Given my affinity for experimenting, I liked this idea of mixing beers. It worked out a lot better than the last time I tried something novel: Pouring cream into my mug of carbonated beverage. That mixture succeeded for entertainment value — producing an effect like a lava lamp, but it tasted really bad. I do not recommend it.
Aside from the Guiness guys, who seem far too goofy (sampling too much?) to be as brilliant as they think, the fellow I’d bank on for blending drinks would be John Cornell. He co-authored what must be one of the more unusual scientific articles ever: “In Search of the Optimum Harvey Wallbanger Recipe via Mixture Experiment Techniques”.
I’ve heard of beer cocktails such as the whisky-spiked boilermaker — a variant being the “depth charge”. However, it seems that the practice of mixing one beer with another is mainly for salvaging a botched brew. Thus, whereas blends of white wine, and to some extent reds, are the rage in California, the same phenomena remains to be seen for beers. I see a real opportunity here for some research by zymurgists. My advice is that they study the statistical methods promoted by Cornell and made easy by Stat-Ease software, training and consulting. I volunteer to be on the sensory panel that rates the results.
On my flight home yesterday from vacation in Arizona and New Mexico, a lady from Santa Fe asked about my screen saver showing photographic evidence from NASA that water flows freely on the surface of Mars. She told me that this is just a cover up by the US Government of Martians living under the surface of their planet. “The truth will come out soon,” this New Mexican said, “They cannot suppress the bloggers who know that aliens really do exist.”
I suspect this woman scoffed at NASA’s high resolution photos taken in July of the Face on Mars showing it to be only a geological mesa — not an artificial monument by extraterrestials.
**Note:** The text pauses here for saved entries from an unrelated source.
-- ===== src/Peers/Resets.antt =====
-- src/server/peer-service.ts, lines 519 to 574: the usage of a peer is reset, and a peer that reached
-- its traffic limit is let through for a while. The window of a period is an argument; times are
-- seconds.
use wireguard_panel.Base.{
  ℕ, ◌+◌, ◌*◌, Bool, true, false, not, ◌&&◌, ◌||◌, List, [], ◌∷◌, ◌++◌, map, Option, none, some, ok,
  err, if◌then◌else◌,
}
use wireguard_panel.Base.Int.{ℤ, pos, ◌+ℤ◌}
use wireguard_panel.Base.Text.{Text}
use wireguard_panel.Quota.{QuotaPeriod}
use wireguard_panel.Traffic.Rows.{DisabledReason, Archive, ResetReason, Window}
use wireguard_panel.Routeros.Types.{RemoteWireGuardPeer}
use wireguard_panel.Peers.World.{
  QuotaColumns, PeerRecord, World, Handler, ◌>>=◌, ◌>>◌, pure, modify, check, call, with_disabled,
  update_record, no_traffic_limit, limit_not_reached, is_expired, disabled_manually,
}
use wireguard_panel.Peers.Handlers.{mutable_peer, assert_current_remote, is_quota_reason}

-- A row of `quota_period_history`, where the period has a start.
unfoldable pub archive_rows : ResetReason → ℕ → QuotaColumns → QuotaPeriod → Option ℕ → List Archive
archive_rows reason now q period none = []
archive_rows reason now q period (some started_at) =
    record {
      period = period;
      configured_limit_bytes = q.quota_limit_bytes;
      rx_bytes = q.period_rx_bytes;
      tx_bytes = q.period_tx_bytes;
      started_at = started_at;
      ended_at = now;
      reached_at = q.quota_reached_at;
      usage_when_disabled = q.quota_usage_when_disabled;
      reason = reason;
    }
    ∷ []

abbrev pub owned_by : ℕ → Archive → ℕ × Archive
owned_by id archive = (id, archive)

abbrev pub add_history : ℕ → List Archive → World → World
add_history id archives w = record w { history = map (owned_by id) archives ++ w.history }

-- `UPDATE peers SET period_rx_bytes=0, …` of `resetPeerQuotaUsage`.
abbrev pub reset_row : ℕ → Option ℕ → Text → PeerRecord → PeerRecord
reset_row now end fingerprint p =
    let lifted = is_quota_reason p.disabled_reason in
    record p {
      quota = record (p.quota) {
        period_rx_bytes = pos 0;
        period_tx_bytes = pos 0;
        quota_period_started_at = some now;
        quota_period_ends_at = end;
        quota_reached_at = none;
        quota_usage_when_disabled = none;
      };
      quota_bypass_until = none;
      disabled = if lifted then false else p.disabled;
      disabled_reason = if lifted then none else p.disabled_reason;
      remote_fingerprint = some fingerprint;
    }

-- `!row.quota_limit_bytes || !row.quota_period`.
abbrev pub limited_period : Option ℤ → Option QuotaPeriod → Handler QuotaPeriod
limited_period (some limit) (some period) w = (ok period, w)
limited_period _ _ w = (err no_traffic_limit, w)

abbrev pub enabled_remote : RemoteWireGuardPeer → RemoteWireGuardPeer
enabled_remote remote = record remote { disabled = false }

-- `if (row.disabled && row.disabled_reason === "quota") { … }`.
unfoldable pub lift_remote : Bool → RemoteWireGuardPeer → Handler RemoteWireGuardPeer
lift_remote false remote w = (ok remote, w)
lift_remote true remote w =
    (call (with_disabled remote.id false) >>= λ _. pure (enabled_remote remote)) w

-- `UPDATE peers SET disabled=false, …` of `temporarilyReenablePeer`.
abbrev pub bypass_row : ℕ → Text → PeerRecord → PeerRecord
bypass_row until fingerprint p = record p {
  disabled = false;
  disabled_reason = none;
  quota_bypass_until = some until;
  remote_fingerprint = some fingerprint;
}

abbrev pub has_reached : QuotaColumns → Bool
has_reached q = elim q.quota_limit_bytes [
  | none ↦ false
  | some limit ↦ elim q.quota_reached_at [ none ↦ false | some at ↦ true ]
]

abbrev pub is_expired_reason : Option DisabledReason → Bool
is_expired_reason (some DisabledReason.expired) = true
is_expired_reason _ = false

abbrev pub is_manual_reason : Option DisabledReason → Bool
is_manual_reason (some DisabledReason.manual) = true
is_manual_reason _ = false

module _ (fingerprint : RemoteWireGuardPeer → Text) where
  unfoldable pub reset_peer_quota_usage : (ℕ → QuotaPeriod → Window) → ℕ → Handler ℤ
  reset_peer_quota_usage quota_period_window peer_id = do
    row ← mutable_peer peer_id
    period ← limited_period row.quota.quota_limit_bytes row.quota.quota_period
    remote ← assert_current_remote fingerprint row
    observed ← lift_remote (row.disabled && is_quota_reason row.disabled_reason) remote
    modify (λ w.
        add_history row.id
          (archive_rows ResetReason.manual w.now row.quota period row.quota.quota_period_started_at)
          (update_record row.id
            (reset_row w.now (quota_period_window w.now period).end (fingerprint observed)) w))
    pure (row.quota.period_rx_bytes +ℤ row.quota.period_tx_bytes)

  unfoldable pub temporarily_reenable_peer : ℕ → ℕ → Handler (Unit {0})
  temporarily_reenable_peer peer_id minutes = do
    row ← mutable_peer peer_id
    check (has_reached row.quota) limit_not_reached
    check (not (row.expired || is_expired_reason row.disabled_reason)) is_expired
    check (not (is_manual_reason row.disabled_reason)) disabled_manually
    remote ← assert_current_remote fingerprint row
    call (with_disabled remote.id false)
    modify (λ w.
        update_record row.id
          (bypass_row (w.now + minutes * 60) (fingerprint (enabled_remote remote))) w)
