-- ===== src/Peers/Reenabled.antt =====
-- src/server/peer-service.ts, lines 519 to 574: what the reset of a peer's usage and its temporary
-- enabling leave in the database and on the router.
use wireguard_panel.Base.{
  ℕ, Option-cases, inl, inr, none, ◌≢◌, ◌+◌, ◌*◌, ◌≡◌, refl, sym, subst, List, Bool, true, false,
  not, ◌||◌, some, find, arith,
}
use wireguard_panel.Base.Int.{ℤ}
use wireguard_panel.Traffic.Rows.{DisabledReason}
use wireguard_panel.Base.Text.{Text}
use wireguard_panel.Routeros.Types.{RemoteWireGuardPeer}
use wireguard_panel.Peers.World.{
  QuotaColumns, PeerRecord, World, Failure, Handler, and_then, check, is_remote, is_record,
  with_disabled, limit_not_reached, is_expired, disabled_manually,
}
use wireguard_panel.Peers.Logic.{
  Ends, and_then-Ends, and_then-ok, Ends-weaken, call-Ends, check-Ends, SameRows, SameRows-refl,
}
use wireguard_panel.Peers.Left.{find-on_record, find-id}
use wireguard_panel.Peers.Deleted.{mutable_peer-found, assert_current_remote-Ends}
use wireguard_panel.Peers.Enabled.{HaveFlag, set_disabled-HaveFlag}
use wireguard_panel.Peers.Resets.{
  has_reached, is_expired_reason, is_manual_reason, temporarily_reenable_peer,
}

pub changed_peers :
    {w w1 : World} (peers : List RemoteWireGuardPeer) (calls : ℕ)
    → SameRows w w1
    → SameRows w (record w1 { router_peers = peers; calls = calls })
changed_peers peers calls h = record {
  now = h.now;
  tables = h.tables;
  records = h.records;
  archives = h.archives;
  history = h.history;
  managed_objects = h.managed_objects;
  operation = h.operation;
  remote_deleted = h.remote_deleted;
  staged = h.staged;
  created_id = h.created_id;
}

-- The limit, and the moment at which it was reached.
reached_values :
    (q : QuotaColumns)
    → has_reached q ≡ true
    → ((limit : ℤ) × (q.quota_limit_bytes ≡ some limit))
      × ((at : ℕ) × (q.quota_reached_at ≡ some at))
reached_values q h = elim (Option-cases q.quota_limit_bytes) [
  | inl e ↦ absurd (ground (arith, h, e))
  | inr limited ↦ elim (Option-cases q.quota_reached_at) [
    | inl e ↦ absurd (ground (arith, h, e, limited.1))
    | inr reached ↦ (limited, reached)
  ]
]

module _ (fingerprint : RemoteWireGuardPeer → Text) where
  -- The peer had reached its limit, and was neither expired nor disabled by hand. The router's peer
  -- and the row are enabled, and the row has the end of the exception.
  pub record IsReenabled (minutes : ℕ) (row : PeerRecord) (w w' : World) : Type 0 where
    pub limit : ℤ
    pub reached_at : ℕ
    pub limited : row.quota.quota_limit_bytes ≡ some limit
    pub reached : row.quota.quota_reached_at ≡ some reached_at
    pub not_expired : row.expired ≡ false
    pub not_for_expiry : row.disabled_reason ≢ some DisabledReason.expired
    pub not_by_hand : row.disabled_reason ≢ some DisabledReason.manual
    pub remote : RemoteWireGuardPeer
    pub was : find (is_remote row) w.router_peers ≡ some remote
    pub on_router : HaveFlag remote.id false w'.router_peers
    pub in_database :
        find (is_record row.id) w'.records
        ≡ some (record row {
          disabled = false;
          disabled_reason = none;
          quota_bypass_until = some (w.now + minutes * 60);
          remote_fingerprint = some (fingerprint (record remote { disabled = false }));
        })
    pub tables : w'.tables ≡ w.tables
    pub history : w'.history ≡ w.history

  -- A check of the handler, before anything else.
  checked :
      {P : Unit {0} → World → Type 0} (b : Bool) (e : Failure) (w : World)
      (rest : Unit {0} → Handler (Unit {0}))
      → (b ≡ true → Ends P (λ w'. SameRows w w') (rest tt w))
      → Ends P (λ w'. SameRows w w') (and_then rest (check b e w))
  checked {P = P} b e w rest k =
      and_then-Ends _
        (check-Ends {P = λ _ w'. (w' ≡ w) × (b ≡ true)} {E = λ w'. SameRows w w'} b e w
          (λ h. (refl, h)) (SameRows-refl w))
        (λ _ w1 h. subst (λ u. Ends P (λ w'. SameRows w w') (rest tt u)) (sym h.0) (k h.1))

  reenabled :
      (minutes : ℕ) (row : PeerRecord) (w : World)
      → find (is_record row.id) w.records ≡ some row
      → Ends
          (λ _ w'. IsReenabled minutes row w w')
          (λ w'. SameRows w w')
          (temporarily_reenable_peer fingerprint row.id minutes w)
  unfolding temporarily_reenable_peer
  reenabled minutes row w h = rw (mutable_peer-found row.id row w h) (
      and_then-ok _ (
        checked (has_reached row.quota) limit_not_reached w _ (λ reached.
          checked (not (row.expired || is_expired_reason row.disabled_reason)) is_expired w _
            (λ not_expired.
              checked (not (is_manual_reason row.disabled_reason)) disabled_manually w _
                (λ not_manual.
                  and_then-Ends _
                    (Ends-weaken
                      {Q = λ remote w'.
                        SameRows w w' × (find (is_remote row) w.router_peers ≡ some remote)}
                      {F = λ w'. SameRows w w'} (assert_current_remote-Ends fingerprint row w)
                      (λ remote w2 h2. (h2.0.rows, h2.1)) (λ w2 s. s))
                    (λ remote w2 h2.
                      and_then-Ends _
                        (call-Ends
                          {P = λ _ w'. SameRows w w' × HaveFlag remote.id false w'.router_peers}
                          {E = λ w'. SameRows w w'} (with_disabled remote.id false) w2
                          (
                            changed_peers _ _ h2.0,
                            set_disabled-HaveFlag remote.id false w2.router_peers,
                          )
                          (changed_peers _ _ h2.0) (changed_peers _ _ h2.0))
                        (λ _ w3 h3. record {
                          ends = record {
                            limit = (reached_values row.quota reached).0.0;
                            reached_at = (reached_values row.quota reached).1.0;
                            limited = (reached_values row.quota reached).0.1;
                            reached = (reached_values row.quota reached).1.1;
                            not_expired = ground (arith, not_expired);
                            not_for_expiry = λ e. ground (arith, not_expired, e);
                            not_by_hand = λ e. ground (arith, not_manual, e);
                            remote = remote;
                            was = h2.1;
                            on_router = h3.1;
                            in_database = rw h3.0.now (
                                find-on_record row.id _ w3.records row (λ p. refl)
                                  (rw h3.0.records h));
                            tables = h3.0.tables;
                            history = h3.0.history;
                          };
                        })))))))

  -- A peer that reached its limit is let through, whatever the router answers. When it succeeds, the
  -- peer had reached its limit and was neither expired nor disabled by hand; the router's peers with
  -- the identifier of the row's peer are enabled, the row is enabled with an exception that ends the
  -- given minutes from now, and neither the addresses nor the history change. When it fails, the
  -- database is as it was.
  pub temporarily_reenable_peer-IsReenabled :
      (peer_id minutes : ℕ) (row : PeerRecord) (w : World)
      → find (is_record peer_id) w.records ≡ some row
      → Ends
          (λ _ w'. IsReenabled minutes row w w')
          (λ w'. SameRows w w')
          (temporarily_reenable_peer fingerprint peer_id minutes w)
  temporarily_reenable_peer-IsReenabled peer_id minutes row w h =
      let same = find-id peer_id w.records row h in
      subst
        (λ id.
          Ends (λ _ w'. IsReenabled minutes row w w') (λ w'. SameRows w w')
            (temporarily_reenable_peer fingerprint id minutes w))
        same
        (reenabled minutes row w
          (subst (λ id. find (is_record id) w.records ≡ some row) (sym same) h))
The diehard believers in Martians, represented by a caller to the Art Bell “Coast to Coast” radio show, say that NASA dropped a nuclear bomb this structure to de-face it!
My trip last week featured a few other improbabilities. Its purpose was to see the Minnesota Gopher football team play in the Insight Bowl at Arizona State University’s stadium in the Phoenix area. Us Minnesotans cheered wildly as our team went up by 31 points past the halfway point of the game. Sadly, the ‘Goofers’ blew their seemingly insurmountable lead and let the Red Raiders of Texas Tech win in overtime. This reportedly was the biggest comeback in a Division 1A bowl. Cursory research on the history of bowl games shows them going back over a century with accelerating frequency in recent years — perhaps a few thousand games in all. I suppose I should feel lucky to see this unlikely event, but what really pleases me is that the coach got fired immediately afterwards.
The other unusual event experienced by me and my traveling companions was a record 16 inch snowfall in Albuquerque where I’d booked our flights to save on airfare. Fortunately the weather cleared just in time for takeoff. En route to the airport we stopped at Meteor Crater where NASA astronauts train for extraterrestial missions. Some people, like my fellow traveler from Santa Fe, believe that this was where the NASA perpetrated the hoax of man traveling to the moon. After seeing the Minnesota team implode at the Insight Bowl and then on my trip home almost getting stuck in over a foot of snow in supposedly sunny New Mexico, I am ready to believe that just about anything can happen. Come on NASA — quit covering up: Bring on those eight-fingered aliens! By the way, how are they at handling oblate spheroids?